Task goal:
The answer must consist only of the lines from the line with "abbrev pub dead : Kernel → Kernel" to the line with "pub unqueued : (p", both included, exactly as they stand below.

Records for this exercise:

☆ ☆ ☆

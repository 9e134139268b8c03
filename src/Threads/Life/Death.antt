-- ===== src/Threads/Life/Death.antt =====
-- The end of thread_exit: the thread leaves the list of all threads and the processor.
use pintos_project.Base.{
  ℕ, ◌≡◌, sym, ◌≢◌, inl, inr, true, false, some, ◌∷◌, ◌==◌, if◌then◌else◌, erase, count, arith,
}
use pintos_project.Threads.Kernel.{Kernel, dying, is_dying, set_status}
use pintos_project.Threads.Kernel.Invariant.{IsPlaced, IsValid, RunsHighest}
use pintos_project.Threads.Kernel.Switch.{IsDispatched, schedule_lem}
use pintos_project.Threads.Life.{thread_die}

-- The kernel as thread_exit leaves it to schedule.
abbrev pub dead : Kernel → Kernel
dead k = set_status (record k { all = erase k.current k.all }) k.current dying

dead-IsPlaced : (k : Kernel) → IsValid k → IsPlaced (dead k)
dead-IsPlaced k v = record {
  place = λ u l. ground (arith, v.placed.place u l, v.one u);
  prio = λ u. ground (arith, v.placed.prio u, v.placed.prio k.current);
  null_out = ground (arith, v.placed.null_out);
  idle_set = v.placed.idle_set;
}

-- What is left where the current thread has died.
pub record HasDied (k k' : Kernel) : Type 0 where
  pub valid : IsValid k'
  pub highest : RunsHighest k'
  pub slice : k'.thread_ticks ≡ 0
  pub another : k'.current ≢ k.current
  pub dying : is_dying (k'.threads k.current).status ≡ true
  pub all : k'.all ≡ erase k.current k.all
  pub unqueued : (p : ℕ) → count k.current (k'.ready p) ≡ 0
  pub freed : k'.freed ≡ (if k.current == k.initial then k.freed else k.current ∷ k.freed)
  pub dispatched : IsDispatched k k'
  pub prios : (u : ℕ) → (k'.threads u).priority ≡ (k.threads u).priority
  pub others :
      (u : ℕ) → u ≢ k'.current → u ≢ k.current → (k'.threads u).status ≡ (k.threads u).status

-- The end of thread_exit, on a valid kernel with interrupts off that runs a thread other than the idle one,
-- passes the assertions of schedule. The thread is dying, is taken out of the list of all threads and is
-- on no ready queue, and its page is freed unless it is the initial thread; the kernel is valid again and
-- runs another thread, the front one of the highest ready queue that is not empty (the idle one if all
-- are), with a new time slice. No other status and no priority has changed.
pub thread_die_lem :
    (k : Kernel)
    → IsValid k
    → k.intr_on ≡ false
    → k.current ≢ 0
    → k.current ≢ k.idle
    → (k' : Kernel) × (thread_die k ≡ some k') × HasDied k k'
unfolding thread_die
thread_die_lem k v off nz ni =
    let (k', e, s) = schedule_lem (dead k) (dead-IsPlaced k v) off (λ u. ground (arith, v.one u)) in
    let other : k'.current ≢ k.current = elim s.chosen [
      | inl i ↦ ground (arith, i, ni)
      | inr q ↦ ground (arith, q)
    ] in
    (
      k',
      e,
      record {
        valid = s.valid;
        highest = s.highest;
        slice = s.slice;
        another = other;
        dying = ground (arith, s.others k.current (λ q. other (sym q)));
        all = s.all;
        unqueued = λ p.
            ground
              (arith, s.valid.placed.place k.current p, s.others k.current (λ q. other (sym q)));
        freed = ground (arith, s.freed, other, nz);
        dispatched = s.dispatched;
        prios = λ u. ground (arith, s.prios u);
        others = λ u ne ne'. ground (arith, s.others u ne, ne');
      },
    )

☆ ☆ ☆

Response to the task:
abbrev pub dead : Kernel → Kernel
dead k = set_status (record k { all = erase k.current k.all }) k.current dying

dead-IsPlaced : (k : Kernel) → IsValid k → IsPlaced (dead k)
dead-IsPlaced k v = record {
  place = λ u l. ground (arith, v.placed.place u l, v.one u);
  prio = λ u. ground (arith, v.placed.prio u, v.placed.prio k.current);
  null_out = ground (arith, v.placed.null_out);
  idle_set = v.placed.idle_set;
}

-- What is left where the current thread has died.
pub record HasDied (k k' : Kernel) : Type 0 where
  pub valid : IsValid k'
  pub highest : RunsHighest k'
  pub slice : k'.thread_ticks ≡ 0
  pub another : k'.current ≢ k.current
  pub dying : is_dying (k'.threads k.current).status ≡ true
  pub all : k'.all ≡ erase k.current k.all
  pub unqueued : (p : ℕ) → count k.current (k'.ready p) ≡ 0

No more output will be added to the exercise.